Human pressure around protected areas
Research on the Serengeti–Mara “squeeze” warns that expanding human activity around protected-area boundaries is pushing wildlife into the core, damaging habitat, and disrupting migration routes for wildebeest, zebra, and gazelles. The issue is not only what happens inside Serengeti National Park or Maasai Mara National Reserve; it is what happens along the edges, corridors, conservancies, and buffer lands.
Climate change and water stress
Climate change adds uncertainty by altering rainfall timing, drought frequency, grass growth, and river flow. Reporting on recent research has highlighted how erratic rainfall, drought, higher temperatures, roads, fences, and land-use change are affecting animal movements in and around the Serengeti system.
The Mara River is especially important. If dry-season river flow declines because of climate stress, upstream land-use change, or catchment degradation, the northern refuge function of the ecosystem becomes weaker.
Human-wildlife conflict and poaching
The migration also depends on people tolerating wildlife. Predators kill livestock. Wildebeest and zebra compete with cattle for grass. Fences protect farms but block movement. Poisoning, snaring, and retaliatory killing can damage the predator and scavenger guilds that depend on the migration.
Community conservancies and wildlife-compatible land-use models matter because they keep space open beyond formal park boundaries.
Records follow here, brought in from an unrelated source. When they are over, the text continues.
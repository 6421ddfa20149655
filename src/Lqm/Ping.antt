-- ===== src/Lqm/Ping.antt =====
-- internal/services/lqm/lqm.go, `pingTracker` and `calculateQuality`. Times that are compared to
-- the last tick are in nanoseconds.
pub mod Decay
use mesh_manager.Common.{
  ℕ, suc, ◌+◌, ◌-◌, ◌*◌, ◌/◌, Bool, true, false, ◌&&◌, not, List, [], ◌∷◌, Option, none, some,
  Bytes, codes, equal, ltb, ◌==◌, if◌then◌else◌, ℤ, pos, Piece, lit, group, in_word, match_in,
}
use mesh_manager.Lqm.{Floats, Tracker, Pings}
use mesh_manager.Lqm.Neighbors.{word, first_group}

abbrev pub second : ℕ
second = 1000000000

abbrev pub time_regex : List Piece
time_regex = lit (codes "time=") ∷ word ∷ lit (codes " ms") ∷ []

abbrev pub at_most_100 : ℕ → ℕ
at_most_100 n = if ltb 100 n then 100 else n

-- The new quality, held between 0 and 100: one up, from 0 to 100 at once, and five down for a ping
-- that is lost.
unfoldable pub next_ping_quality : Bool → ℕ → ℕ
next_ping_quality true old = at_most_100 (if old == 0 then 100 else old + 1)
next_ping_quality false old = at_most_100 ((if old == 0 then 0 else old + 1) - 5)

-- Whether the tracker was not seen for a minute before the last tick, if there was one.
abbrev pub was_down : Option ℕ → ℕ → Bool
was_down none last_seen = false
was_down (some tick) last_seen = ltb ((last_seen + 60) * second) tick

module _ (fl : Floats) where
  open fl use {Float, ratio, plus, times, over, less, is_zero, to_nearest, parse_float}

  abbrev pub milliseconds : Option Bytes → Option Float
  milliseconds none = none
  milliseconds (some text) = elim (parse_float text) [
    | none ↦ none
    | some ms ↦ some (over ms (ratio 1000 1))
  ]

  -- The time in seconds that `ping6` prints; none if it fails or prints none.
  unfoldable pub ping_time : Option Bytes → Option Float
  ping_time none = none
  ping_time (some output) = milliseconds (first_group (match_in time_regex output))

  abbrev pub next_success_time : Float → Float → Float
  next_success_time old ptime =
      if is_zero old then ptime else plus (times old (ratio 4 10)) (times ptime (ratio 6 10))

  -- `pingTracker` after the ping, at a time `now`.
  abbrev pub pinged : ℕ → Option ℕ → Option Float → Tracker Float → Tracker Float
  pinged now last_tick none t = record t {
    pings = record t.pings { ping_quality = next_ping_quality false t.pings.ping_quality };
  }
  pinged now last_tick (some ptime) t = record t {
    pings = record t.pings {
      ping_quality = next_ping_quality true t.pings.ping_quality;
      ping_success_time = next_success_time t.pings.ping_success_time ptime;
    };
    last_up = if was_down last_tick t.last_seen then now / second else t.last_up;
    last_seen = now / second;
  }

  unfoldable pub ping_tracker : ℕ → Option ℕ → Option Bytes → Tracker Float → Tracker Float
  ping_tracker now last_tick output t =
      if equal t.ipv6ll [] then t else pinged now last_tick (ping_time output) t

  abbrev pub quality_of : Float → ℕ → Option ℤ
  quality_of tx_quality ping_quality =
      if less (ratio 0 1) tx_quality
      then if ltb 0 ping_quality
        then some (to_nearest (over (plus tx_quality (ratio ping_quality 1)) (ratio 2 1)))
        else some (to_nearest tx_quality)
      else if ltb 0 ping_quality
      then some (to_nearest (ratio ping_quality 1))
      else none

  unfoldable pub calculate_quality : Tracker Float → Tracker Float
  calculate_quality t = record t {
    pings = record t.pings { quality = quality_of t.traffic.tx_quality t.pings.ping_quality };
  }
Without those buffer lands, the migration becomes compressed into a smaller and less resilient system.

Conservation and the future: what it takes to protect the migration
Protecting the Great Wildebeest Migration requires ecosystem-scale conservation, not just park protection.
The migration needs:
- Connected corridors between southern Serengeti, central Serengeti, western corridor, northern Serengeti, Maasai Mara, and surrounding community lands.
- Healthy dry-season water systems, especially the Mara River and its catchment.
- Viable community conservancies that make wildlife economically meaningful for landowners and pastoral communities.
- Predator tolerance, because lions, hyenas, cheetahs, wild dogs, vultures, and crocodiles are part of the migration’s ecological function.
- Careful infrastructure planning, so roads, fences, and settlements do not sever movement routes.
- Cross-border cooperation between Kenya and Tanzania, because the ecosystem does not follow political boundaries.
- Long-term ecological monitoring, including aerial counts, satellite tools, GPS collars, dung beetle studies, river chemistry, predator research, and community land-use tracking.
The Great Migration will not survive because wildebeest are numerous. It will survive only if the landscape remains connected enough for movement, wet enough for dry-season refuge, open enough for grazing, and socially supported enough for wildlife to remain valuable to the people who live around it.
Conclusion: the Great Migration is the Circle of Life made visible
The Great Wildebeest Migration is the Circle of Life made visible across an entire ecosystem. It begins with rain and grass, but it does not end with grazing. It continues through birth, predation, dung, dung beetles, vultures, river nutrients, hippo pools, fish, fire, soil carbon, and grassland renewal.
A wildebeest calf born on the southern plains may become a breeding adult, a lion kill, a hyena meal, a crocodile carcass, a phosphorus source in the Mara River, a vulture flight, a dung beetle’s resource, or a nutrient pulse that feeds the next flush of grass. None of those outcomes sits outside the system. They are the system.
That is why the migration is more than a safari event and more than a seasonal movement between Serengeti and Maasai Mara. It is the ecological process that keeps the Mara–Serengeti alive.